I called Vorshlag awhile back and they recommended the opposite. Most people I talk to also recommend the opposite.

I know the real answer is "both" but a radiator is roughly half the price of an oil cooler.
I'm thinking/hoping new radiator+ducting+hood vents will be enough for me in sub-90° temps
Here's what I know for sure. Both are wildly too hot while on track. If I were Emperor, we'd run about 85*C on Coyotes and 80*C on Eco's for coolant temp*. CHT would probably be ~8-12*C higher than that. *IF* we had the water cooled to those numbers, then it would be interesting to see where oil ended up. We might still need a cooler, but you can bet it would be much smaller than if we were running 115* coolant temps. The downside is that you need a *much* bigger radiator. Why to all this trouble to keep the water cool? Because that's your big hitter in terms of both detonation and bearing clearances.
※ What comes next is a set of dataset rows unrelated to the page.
-- ===== src/Redir/Codec.antt =====
-- redir/include/redir/redir_codec.h and redir/src/redir_codec.cpp: the frames of a redirection
-- session. A parser that fills `*reply` and `*consumed` and returns true gives both as `some`; on
-- false `*consumed` is 0 and the callers drop what has been written to `*reply`, which is `none`.
-- Text and MD5 are Qt's, a parameter.
pub mod Stream
pub mod Auth
pub mod Response
use mesh_commander.Prelude.{
  ℕ, zero, suc, ◌+◌, ◌-◌, ◌*◌, ◌/◌, ◌%◌, ◌^◌, ◌≤◌, ◌<◌, min, ◌≡◌, ◌≢◌, refl, sym, ap, ◌∙◌, ◌⊎◌, inl,
  inr, ◌↔◌, Bool, true, false, not, ◌&&◌, ◌||◌, List, [], ◌∷◌, ◌++◌, Option, none, some, map, ltb,
  leb, ◌==◌, if◌then◌else◌, length, get_or, Bool-cases, Option-cases, arith, take, drop, replicate,
  bit_and,
}
use mesh_commander.Wire.{pack16_le, pack32_le, read16_le, read32_le}

-- QString::toUtf8, QString::fromUtf8, and the lowercase hexadecimal MD5 of md5Hex.
pub record Qt : Type 0 where
  pub to_utf8 : List ℕ → List ℕ
  pub from_utf8 : List ℕ → List ℕ
  pub md5_hex : List ℕ → List ℕ

pub data Protocol : Type 0 where
  sol kvm ider : Protocol

unfoldable pub build_selector : Protocol → List ℕ
build_selector sol = 0x10 ∷ 0x00 ∷ 0x00 ∷ 0x00 ∷ 0x53 ∷ 0x4F ∷ 0x4C ∷ 0x20 ∷ []
build_selector kvm = 0x10 ∷ 0x01 ∷ 0x00 ∷ 0x00 ∷ 0x4B ∷ 0x56 ∷ 0x4D ∷ 0x52 ∷ []
build_selector ider = 0x10 ∷ 0x00 ∷ 0x00 ∷ 0x00 ∷ 0x49 ∷ 0x44 ∷ 0x45 ∷ 0x52 ∷ []

pub record StartSessionReply : Type 0 where
  pub status : ℕ
  pub oem_data : List ℕ

abbrev pub start_reply_fixed_size : ℕ
start_reply_fixed_size = 13

abbrev pub auth_reply_fixed_size : ℕ
auth_reply_fixed_size = 9

-- The first byte, read after the test that there is one.
abbrev pub first_byte : List ℕ → ℕ
first_byte buffer = get_or buffer 0 0

unfoldable pub try_parse_start_session_reply : List ℕ → Option (StartSessionReply × ℕ)
try_parse_start_session_reply buffer =
    let oem_len : ℕ = get_or buffer 12 0 in
    if ltb (length buffer) 1
    then none
    else if not (first_byte buffer == 0x11)
    then none
    else if ltb (length buffer) start_reply_fixed_size
    then none
    else if ltb (length buffer) (start_reply_fixed_size + oem_len)
    then none
    else some (
      record {
        status = get_or buffer 1 0;
        oem_data = take oem_len (drop start_reply_fixed_size buffer);
      },
      start_reply_fixed_size + oem_len,
    )

-- `enum class AuthType`; any other byte may arrive too.
abbrev pub auth_query : ℕ
auth_query = 0

abbrev pub auth_digest_no_qop : ℕ
auth_digest_no_qop = 3

abbrev pub auth_digest_with_qop : ℕ
auth_digest_with_qop = 4

pub record AuthCapabilities : Type 0 where
  pub has_basic : Bool
  pub has_kerberos : Bool
  pub has_digest_no_qop : Bool
  pub has_digest_with_qop : Bool

abbrev pub no_caps : AuthCapabilities
no_caps = record {
  has_basic = false;
  has_kerberos = false;
  has_digest_no_qop = false;
  has_digest_with_qop = false;
}

pub record AuthReply : Type 0 where
  pub status : ℕ
  pub auth_type : ℕ
  pub caps : AuthCapabilities
  pub realm : List ℕ
  pub nonce : List ℕ
  pub qop : List ℕ

unfoldable pub build_auth_frame : ℕ → List ℕ → List ℕ
unfolding pack32_le
build_auth_frame type payload =
    0x13 ∷ 0x00 ∷ 0x00 ∷ 0x00 ∷ type ∷ (pack32_le (length payload % 2 ^ 32) ++ payload)

unfoldable pub build_auth_query : List ℕ
unfolding build_auth_frame
build_auth_query = build_auth_frame auth_query []

abbrev pub auth_reply_max_data : ℕ
auth_reply_max_data = 64 * 1024

-- One byte of the list of supported types.
unfoldable pub add_cap : ℕ → AuthCapabilities → AuthCapabilities
add_cap b caps =
    if b == 1
    then record caps { has_basic = true }
    else if b == 2
    then record caps { has_kerberos = true }
    else if b == 3
    then record caps { has_digest_no_qop = true }
    else if b == 4
    then record caps { has_digest_with_qop = true }
    else caps

unfoldable pub read_caps : List ℕ → AuthCapabilities → AuthCapabilities
unfolding add_cap
read_caps [] caps = caps
read_caps (b ∷ payload) caps = read_caps payload (add_cap b caps)

-- The lambda `readLp`, over what is left from `p` on: the field, and what is left after it.
unfoldable pub read_lp : List ℕ → Option (List ℕ × List ℕ)
read_lp [] = none
read_lp (n ∷ rest) = if ltb (length rest) n then none else some (take n rest, drop n rest)

-- `readLp(&reply->qop)`, whose result is not looked at.
abbrev pub optional_lp : Option (List ℕ × List ℕ) → List ℕ
optional_lp none = []
optional_lp (some (field, rest)) = field

module _ (qt : Qt) where
  unfoldable pub append_lp : List ℕ → List ℕ → List ℕ
  append_lp buf s = let b : List ℕ = qt.to_utf8 s in buf ++ (bit_and (length b) 0xFF ∷ b)

  unfoldable pub build_digest_response :
      List ℕ → List ℕ → List ℕ → List ℕ → List ℕ → List ℕ → List ℕ → List ℕ → List ℕ
  unfolding build_auth_frame append_lp
  build_digest_response user realm nonce auth_uri cnonce nc response qop =
      let d1 : List ℕ = append_lp [] user in
      let d2 : List ℕ = append_lp d1 realm in
      let d3 : List ℕ = append_lp d2 nonce in
      let d4 : List ℕ = append_lp d3 auth_uri in
      let d5 : List ℕ = append_lp d4 cnonce in
      let d6 : List ℕ = append_lp d5 nc in
      let d7 : List ℕ = append_lp d6 response in
      build_auth_frame auth_digest_with_qop (append_lp d7 qop)

  -- The query sends the same eight fields, six of them empty.
  unfoldable pub build_digest_query : List ℕ → List ℕ → List ℕ
  unfolding build_auth_frame append_lp
  build_digest_query user auth_uri =
      let d1 : List ℕ = append_lp [] user in
      let d2 : List ℕ = append_lp d1 [] in
      let d3 : List ℕ = append_lp d2 [] in
      let d4 : List ℕ = append_lp d3 auth_uri in
      let d5 : List ℕ = append_lp d4 [] in
      let d6 : List ℕ = append_lp d5 [] in
      let d7 : List ℕ = append_lp d6 [] in build_auth_frame auth_digest_with_qop (append_lp d7 [])

  -- The texts of a challenge: `<realm><nonce>[<qop>]`, `qop` for type 4 only.
  unfoldable pub read_challenge : AuthReply → List ℕ → Option AuthReply
  read_challenge reply payload = elim (read_lp payload) [
    | none ↦ none
    | some (realm, rest) ↦ elim (read_lp rest) [
      | none ↦ none
      | some (nonce, rest') ↦ some (record reply {
        realm = qt.from_utf8 realm;
        nonce = qt.from_utf8 nonce;
        qop =
            if reply.auth_type == auth_digest_with_qop
            then qt.from_utf8 (optional_lp (read_lp rest'))
            else [];
      })
    ]
  ]

  -- The body of the reply, by its type and status.
  unfoldable pub read_body : AuthReply → List ℕ → Option AuthReply
  read_body reply payload =
      if reply.auth_type == auth_query
      then some (record reply { caps = read_caps payload no_caps })
      else if ((reply.auth_type == auth_digest_with_qop) || (reply.auth_type == auth_digest_no_qop))
          && (reply.status == 1)
      then read_challenge reply payload
      else some reply

  unfoldable pub try_parse_auth_reply : List ℕ → Option (AuthReply × ℕ)
  try_parse_auth_reply buffer =
      let data_len : ℕ = read32_le buffer 5 in
      let reply : AuthReply = record {
        status = get_or buffer 1 0;
        auth_type = get_or buffer 4 0;
        caps = no_caps;
        realm = [];
        nonce = [];
        qop = [];
      } in
      if ltb (length buffer) 1
      then none
      else if not (first_byte buffer == 0x14)
      then none
      else if ltb (length buffer) auth_reply_fixed_size
      then none
      else if ltb auth_reply_max_data data_len
      then none
      else if ltb (length buffer) (auth_reply_fixed_size + data_len)
      then none
      else elim (read_body reply (take data_len (drop auth_reply_fixed_size buffer))) [
        | none ↦ none
        | some filled ↦ some (filled, auth_reply_fixed_size + data_len)
      ]

  -- `:` between two texts.
  abbrev pub joined : List ℕ → List ℕ → List ℕ
  joined a b = a ++ (b':' ∷ b)

  unfoldable pub compute_digest :
      List ℕ → List ℕ → List ℕ → List ℕ → List ℕ → List ℕ → List ℕ → List ℕ → List ℕ
  compute_digest user realm pass nonce nc cnonce qop auth_uri =
      let ha1 : List ℕ = qt.md5_hex (qt.to_utf8 (joined user (joined realm pass))) in
      let post : List ℕ = b'P' ∷ b'O' ∷ b'S' ∷ b'T' ∷ [] in
      let ha2 : List ℕ = qt.md5_hex (qt.to_utf8 (joined post auth_uri)) in
      qt.md5_hex
        (qt.to_utf8 (joined ha1 (joined nonce (joined nc (joined cnonce (joined qop ha2))))))
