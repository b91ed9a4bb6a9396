-- ===== src/Redir/Client.antt =====
-- redir/src/redir_client.cpp: the redirection handshake. The socket is a parameter that says of each
-- write, counted from the first, what becomes of it; a socket that was aborted takes nothing. `sent` is
-- what the client has written to its present socket, and `raw_sent` what others have written through
-- writeRaw, the latest first. The settings do not change while a session runs.
pub mod Fields
pub mod Order
pub mod Rounds
pub mod Handshake
pub mod Login
pub mod Tests
pub mod Failure
pub mod Ends
use mesh_commander.Prelude.{
  ◌-◌, ℕ, zero, suc, ◌+◌, not, ◌&&◌, ◌||◌, List, [], ◌∷◌, ◌++◌, Option, none, some, ltb, ◌==◌, Bool,
  true, false, if◌then◌else◌, length, get_or, drop,
}
use mesh_commander.Redir.Codec.{
  Qt, Protocol, sol, kvm, ider, build_selector, StartSessionReply, try_parse_start_session_reply,
  AuthReply, build_auth_query, build_digest_query, build_digest_response, try_parse_auth_reply,
  compute_digest,
}

pub data State : Type 0 where
  disconnected connecting selector_sent session_opened auth_querying auth_challenging
        auth_responding kvm_starting authenticated failed :
      State

-- The reasons that fail() is given.
pub data Reason : Type 0 where
  tunnel_failed descriptor_failed selector_not_written write_failed no_digest auth_rejected
        no_certificate connection_failed :
      Reason
  refused auth_failed unexpected_auth : ℕ → Reason
  unexpected_frame : ℕ → Reason

pub data Signal : Type 0 where
  state_changed : State → Signal
  session_opened_signal authenticated_signal remote_closed : Signal
  failed_signal : Reason → Signal
  raw_bytes : List ℕ → Signal
  trust_prompt_required verified_by_pin : List ℕ → Signal

-- What QAbstractSocket::write gives: the size, fewer bytes but some, or -1.
pub data Written : Type 0 where
  whole part error : Written

-- m_socket: null, or of which class, and whether abort() has been called on it.
pub data Socket : Type 0 where
  null : Socket
  tcp ssl : Bool → Socket

pub data Event : Type 0 where
  connect disconnect connected queued_connected trust : Event
  tunnel : Bool → Bool → Event
  encrypted : Option (List ℕ) → Event
  ready_read raw_write : List ℕ → Event
  socket_error : Bool → Event

pub record Settings : Type 0 where
  pub protocol : Protocol
  pub tls : Bool
  pub tunnel : Bool
  pub user : List ℕ
  pub pass : List ℕ
  pub auth_uri : List ℕ

pub record Client : Type 0 where
  pub state : State
  pub inbox : List ℕ
  pub socket : Socket
  pub start_status : ℕ
  pub oem_data : List ℕ
  pub trusted : List (List ℕ)
  pub pending_cert : List ℕ
  pub awaiting_trust : Bool
  pub queued : ℕ
  pub writes : ℕ
  pub sent : List (List ℕ)
  pub raw_sent : List (List ℕ)
  pub signals : List Signal
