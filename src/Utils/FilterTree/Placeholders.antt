-- ===== src/Utils/FilterTree/Placeholders.antt =====
-- A compiled tree binds one parameter for each of its placeholders.
use Prim.Native.String.{String, ◌++◌}
use dashboard_template_api.Common.{
  ℕ, ◌+◌, ◌≡◌, refl, Bool, true, false, none, some, List, arith, length, length-append,
}
use dashboard_template_api.Utils.SqlText.{ends_inside, placeholders, Holds, Holds-append}
use dashboard_template_api.Utils.Identifiers.Joining.{Holds-subst}
use dashboard_template_api.Utils.FilterTree.Input.{
  FilterConnector, con_and, con_or, con_and_not, con_or_not, con_xor, con_xnor, con_nand, con_nor,
  Field, absent, known, unknown, FilterNode, not_an_object, node, no_children, not_an_array,
  children, FilterNodes, no_nodes, add_node, Limits, ok,
}
use dashboard_template_api.Utils.FilterTree.Typing.{Platform}
use dashboard_template_api.Utils.FilterTree.Operations.{combine}
use dashboard_template_api.Utils.FilterTree.Criterion.{CompiledFilter, Metadata, compile_criterion}
use dashboard_template_api.Utils.FilterTree.Tree.{
  connector_of, is_negated, negated, group_sql, compile_node, compile_rest, tree_to_sql,
  collect_filter_variables,
}
use dashboard_template_api.Utils.FilterTree.SafeTypes.{is_bare, is_bare-IsPlain}
use dashboard_template_api.Utils.FilterTree.Bindings.{
  IsBound, Binds, Binds->>=, Binds-ok, Binds-any, Binds_result,
}
use dashboard_template_api.Utils.FilterTree.Bound.{compile_criterion-Holds}

text : Unit {0}
unfolding ends_inside placeholders
text = tt

-- Words before, between and after two texts.
around :
    {a b : String} {m n : ℕ} (x y z : String)
    → Holds x 0
    → Holds y 0
    → Holds z 0
    → Holds a m
    → Holds b n
    → Holds (x ++ (a ++ (y ++ (b ++ z)))) (m + n)
around x y z hx hy hz ha hb =
    Holds-subst (omega arith)
      (Holds-append hx (Holds-append ha (Holds-append hy (Holds-append hb hz))))

enclosed :
    {a : String} {n : ℕ} (x z : String)
    → Holds x 0
    → Holds z 0
    → Holds a n
    → Holds (x ++ (a ++ z)) n
enclosed x z hx hz h = Holds-subst (omega arith) (Holds-append hx (Holds-append h hz))

-- A word between two texts.
joined :
    {a b : String} {m n : ℕ} (y : String)
    → Holds y 0
    → Holds a m
    → Holds b n
    → Holds (a ++ (y ++ b)) (m + n)
joined y hy ha hb = Holds-subst (omega arith) (Holds-append ha (Holds-append hy hb))

combine-Holds :
    (connector : FilterConnector) {a b : String} {m n : ℕ}
    → Holds a m
    → Holds b n
    → Holds (combine connector a b) (m + n)
unfolding combine is_bare
combine-Holds con_and ha hb = joined " AND " (is_bare-IsPlain _ refl) ha hb
combine-Holds con_or ha hb = joined " OR " (is_bare-IsPlain _ refl) ha hb
combine-Holds con_and_not ha hb = Holds-subst (omega arith) (
    Holds-append ha
      (enclosed " AND NOT (" ")" (is_bare-IsPlain _ refl) (is_bare-IsPlain _ refl) hb))
combine-Holds con_or_not ha hb = Holds-subst (omega arith) (
    Holds-append ha (enclosed " OR NOT (" ")" (is_bare-IsPlain _ refl) (is_bare-IsPlain _ refl) hb))
combine-Holds con_xor ha hb =
    around "(" ") <> (" ")" (is_bare-IsPlain _ refl) (is_bare-IsPlain _ refl)
      (is_bare-IsPlain _ refl) ha hb
combine-Holds con_xnor ha hb =
    around "(" ") = (" ")" (is_bare-IsPlain _ refl) (is_bare-IsPlain _ refl)
      (is_bare-IsPlain _ refl) ha hb
combine-Holds con_nand ha hb =
    around "NOT ((" ") AND (" "))" (is_bare-IsPlain _ refl) (is_bare-IsPlain _ refl)
      (is_bare-IsPlain _ refl) ha hb
combine-Holds con_nor ha hb =
    around "NOT ((" ") OR (" "))" (is_bare-IsPlain _ refl) (is_bare-IsPlain _ refl)
      (is_bare-IsPlain _ refl) ha hb

negated-Holds : (b : Bool) {s : String} {n : ℕ} → Holds s n → Holds (negated b s) n
unfolding is_bare
negated-Holds true h = enclosed "NOT (" ")" (is_bare-IsPlain _ refl) (is_bare-IsPlain _ refl) h
negated-Holds false h = h

group_sql-Holds :
    (b is_root : Bool) {s : String} {n : ℕ} → Holds s n → Holds (group_sql (known b) is_root s) n
unfolding is_bare
group_sql-Holds true is_root h =
    enclosed "NOT (" ")" (is_bare-IsPlain _ refl) (is_bare-IsPlain _ refl) h
group_sql-Holds false true h = h
group_sql-Holds false false h = enclosed "(" ")" (is_bare-IsPlain _ refl) (is_bare-IsPlain _ refl) h

group_Holds :
    (negate : Field Bool) (is_root : Bool) {s : String} {n : ℕ}
    → Holds s n
    → Holds (group_sql negate is_root s) n
group_Holds absent is_root h = group_sql-Holds false is_root h
group_Holds (known b) is_root h = group_sql-Holds b is_root h
group_Holds unknown is_root h = group_sql-Holds false is_root h

empty-IsBound : IsBound (record { sql = ""; params = List.[] })
unfolding text
empty-IsBound = record { closed = refl; count = refl }

module _ (js : Platform) (limits : Limits) (metadata : Metadata) where
  mutual
    unfolding compile_node

    compile_node-Holds :
        (n : FilterNode) (is_root : Bool)
        → Binds IsBound (compile_node js limits metadata n is_root)
    compile_node-Holds not_an_object is_root = Binds-ok IsBound _ empty-IsBound
    compile_node-Holds (node connector negate (some c) nodes) is_root =
        Binds->>= IsBound IsBound (compile_criterion js limits metadata c) _
          (compile_criterion-Holds js limits metadata c)
          (λ one h. Binds-ok IsBound _ (negated-Holds (is_negated negate) h))
    compile_node-Holds (node connector negate none no_children) is_root =
        Binds-ok IsBound _ empty-IsBound
    compile_node-Holds (node connector negate none not_an_array) is_root =
        Binds-ok IsBound _ empty-IsBound
    compile_node-Holds (node connector negate none (children no_nodes)) is_root =
        Binds-ok IsBound _ (group_Holds negate is_root empty-IsBound)
    compile_node-Holds (node connector negate none (children (add_node child nodes))) is_root =
        Binds->>= IsBound IsBound (compile_node js limits metadata child false) _
          (compile_node-Holds child false)
          (λ first h.
            Binds->>= IsBound IsBound (compile_rest js limits metadata nodes first) _
              (compile_rest-Holds nodes first h)
              (λ all ha. Binds-ok IsBound _ (group_Holds negate is_root ha)))

    compile_rest-Holds :
        (nodes : FilterNodes) (left : CompiledFilter)
        → IsBound left
        → Binds IsBound (compile_rest js limits metadata nodes left)
    compile_rest-Holds no_nodes left h = Binds-ok IsBound _ h
    compile_rest-Holds (add_node child nodes) left h =
        Binds->>= IsBound IsBound (compile_node js limits metadata child false) _
          (compile_node-Holds child false)
          (λ right hr. compile_rest-Holds nodes _ (
            Holds-subst (omega (arith, length-append left.params right.params))
              (combine-Holds (connector_of child) h hr)))

  tree_to_sql-Binds : (root : FilterNode) → Binds IsBound (tree_to_sql js limits metadata root)
  unfolding tree_to_sql
  tree_to_sql-Binds root =
      Binds->>= (λ names. Unit {0}) IsBound (collect_filter_variables limits root) _ (Binds-any _)
        (λ names u. compile_node-Holds root true)

  -- The predicate that a tree is compiled to leaves every quoted column name closed, whatever
  -- characters the request's names and values have, and holds exactly as many `?` placeholders outside
  -- of names as parameters come with it.
  pub tree_to_sql-Holds :
      (root : FilterNode) (f : CompiledFilter)
      → tree_to_sql js limits metadata root ≡ ok f
      → Holds f.sql (length f.params)
  tree_to_sql-Holds root f e = Binds_result IsBound _ f (tree_to_sql-Binds root) e
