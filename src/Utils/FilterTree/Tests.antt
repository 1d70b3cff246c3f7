-- ===== src/Utils/FilterTree/Tests.antt =====
-- A filter on two columns, and the theorems at it.
use Prim.Native.Char.{code}
use dashboard_template_api.Common.{◌↔◌, ◌≡◌, refl, true, false, none, some, [], ◌∷◌, length, ◌==◌}
use dashboard_template_api.Common.Map.{lookup}
use dashboard_template_api.Utils.SqlText.{Holds}
use dashboard_template_api.Utils.Identifiers.{quote_ident, join}
use dashboard_template_api.Utils.FilterTree.Input.{
  op_gte, op_contains, con_or, Value, number, string, absent, known, FilterNode, node, no_children,
  children, no_nodes, add_node, Limits, ok, refused, unknown_column, ◌>>=◌, ◌>>◌, require,
}
use dashboard_template_api.Utils.FilterTree.Typing.{
  Platform, normalize_sql_type, sql_type_family, is_decimal_type, cast_type_of,
}
use dashboard_template_api.Utils.FilterTree.Operations.{
  shape_of_operation, includes_operation, combine,
}
use dashboard_template_api.Utils.FilterTree.Values.{
  re2_step, escape_like, is_re2_compatible, re2_scan, filter_variable, coerce_value,
}
use dashboard_template_api.Utils.FilterTree.Criterion.{
  CompiledFilter, Metadata, compile_shape, compile_criterion,
}
use dashboard_template_api.Utils.FilterTree.Tree.{
  collect_filter_variables, walk, compile_node, tree_to_sql,
}
use dashboard_template_api.Utils.FilterTree.Collected.{
  IsCollected, collect_filter_variables-IsCollected,
}
use dashboard_template_api.Utils.FilterTree.Placeholders.{tree_to_sql-Holds}
use dashboard_template_api.Utils.FilterTree.Permitted.{all_permitted, tree_to_sql_permitted}
use dashboard_template_api.Utils.FilterTree.LikePattern.{like, Matches, like_pattern_iff}
use dashboard_template_api.Utils.FilterTree.Operations.{pat_contains}
use dashboard_template_api.Utils.FilterTree.Criterion.{like_pattern}

runs : Unit {0}
unfolding collect_filter_variables walk tree_to_sql compile_node compile_criterion compile_shape
    combine normalize_sql_type sql_type_family is_decimal_type cast_type_of shape_of_operation
    includes_operation escape_like re2_scan filter_variable coerce_value ◌>>=◌ ◌>>◌ require
    quote_ident join lookup
runs = tt

-- A platform that takes texts as they are and matches nothing.
abbrev js : Platform
js = record {
  trim = λ s. s;
  to_upper_case = λ s. s;
  is_space = λ c. code c == b' ';
  utf16_length = λ s. 0;
  exec = λ pattern s. none;
  to_number = λ s. 0;
  utc_date = λ y m d. (y, m, d);
  utc_abs_ms = λ y m d hh mm ss. 0;
}

abbrev limits : Limits
limits = record { max_depth = 5; max_criteria = 50; max_in_values = 1000; max_pattern_length = 200 }

abbrev metadata : Metadata
metadata = ("price", string "DECIMAL (10, 2)") ∷ ("na\"me", string "VARCHAR") ∷ []

abbrev ten : Value
ten = number (record { is_finite = true; is_safe_integer = true; to_text = "10" })

abbrev price : FilterNode
price =
    node absent absent
      (some (record { variable = string "price"; operation = some op_gte; value = ten }))
      no_children

abbrev name : FilterNode
name =
    node (known con_or) (known true)
      (some
        (record { variable = string "na\"me"; operation = some op_contains; value = string "5%" }))
      no_children

abbrev root : FilterNode
root = node absent absent none (children (add_node price (add_node name no_nodes)))

abbrev result : CompiledFilter
result = record {
  sql = "\"price\" >= CAST(? AS DECIMAL(10,2)) OR NOT (\"na\"\"me\" LIKE ? ESCAPE '\\')";
  params = ten ∷ string "%5\\%%" ∷ [];
}

tree_to_sql-root : tree_to_sql js limits metadata root ≡ ok result
unfolding runs
tree_to_sql-root = refl

tree_to_sql-unknown : tree_to_sql js limits [] root ≡ refused unknown_column
unfolding runs
tree_to_sql-unknown = refl

collect_filter_variables-root : collect_filter_variables limits root ≡ ok ("price" ∷ "na\"me" ∷ [])
unfolding runs
collect_filter_variables-root = refl

-- A lookahead is refused, in a class it is a plain text.
is_re2_compatible-lookahead : is_re2_compatible "a(?=b)" ≡ false
unfolding runs is_re2_compatible re2_step
is_re2_compatible-lookahead = refl

is_re2_compatible-class : is_re2_compatible "[(?=]\\\\1" ≡ true
unfolding runs is_re2_compatible re2_step
is_re2_compatible-class = refl

tree_to_sql-Holds_example : Holds result.sql (length result.params)
tree_to_sql-Holds_example = tree_to_sql-Holds js limits metadata root result tree_to_sql-root

collect_filter_variables-IsCollected_example : IsCollected limits root ("price" ∷ "na\"me" ∷ [])
collect_filter_variables-IsCollected_example =
    collect_filter_variables-IsCollected limits root ("price" ∷ "na\"me" ∷ [])
      collect_filter_variables-root

tree_to_sql_permitted_example : all_permitted js metadata root ≡ true
tree_to_sql_permitted_example =
    tree_to_sql_permitted js metadata limits root result tree_to_sql-root

like_pattern_iff_example :
    (like false (like_pattern pat_contains (escape_like "5%")) "15% off" ≡ true)
    ↔ Matches pat_contains "5%" "15% off"
like_pattern_iff_example = like_pattern_iff pat_contains "5%" "15% off"
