-- ===== src/Utils/Identifiers/Tests.antt =====
-- Quoted names and qualified tables at concrete inputs.
use Prim.Native.String.{◌++◌}
use dashboard_template_api.Common.{◌≡◌, refl, some, arith}
use dashboard_template_api.Utils.Identifiers.{quote_ident, qualified_table}
use dashboard_template_api.Utils.Identifiers.Quoting.{read_ident, read_ident-quote_ident}

quoted : quote_ident "a\"?b" ≡ "\"a\"\"?b\""
unfolding quote_ident
quoted = refl

nested : qualified_table "c" "sales.europe" "t" ≡ "\"c\".\"sales\".\"europe\".\"t\""
unfolding qualified_table
nested = refl

read_ident-quote_ident_example :
    read_ident (quote_ident "x\" OR 1=1 --" ++ " = ?") ≡ some ("x\" OR 1=1 --", " = ?")
read_ident-quote_ident_example = read_ident-quote_ident "x\" OR 1=1 --" " = ?" (omega arith)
You keep the head cool so you can run a lot of timing advance/boost and you keep the block cool so the bearing journals don't thermally expand so much they leave you big clearances, low oil pressure and, eventually, scored bearings.

*Those numbers are not arbitrary. They are the optimum operating temp for those engines when used in IMSA and IndyCar. They can certainly be run far hotter than this, but you're giving up power by doing it.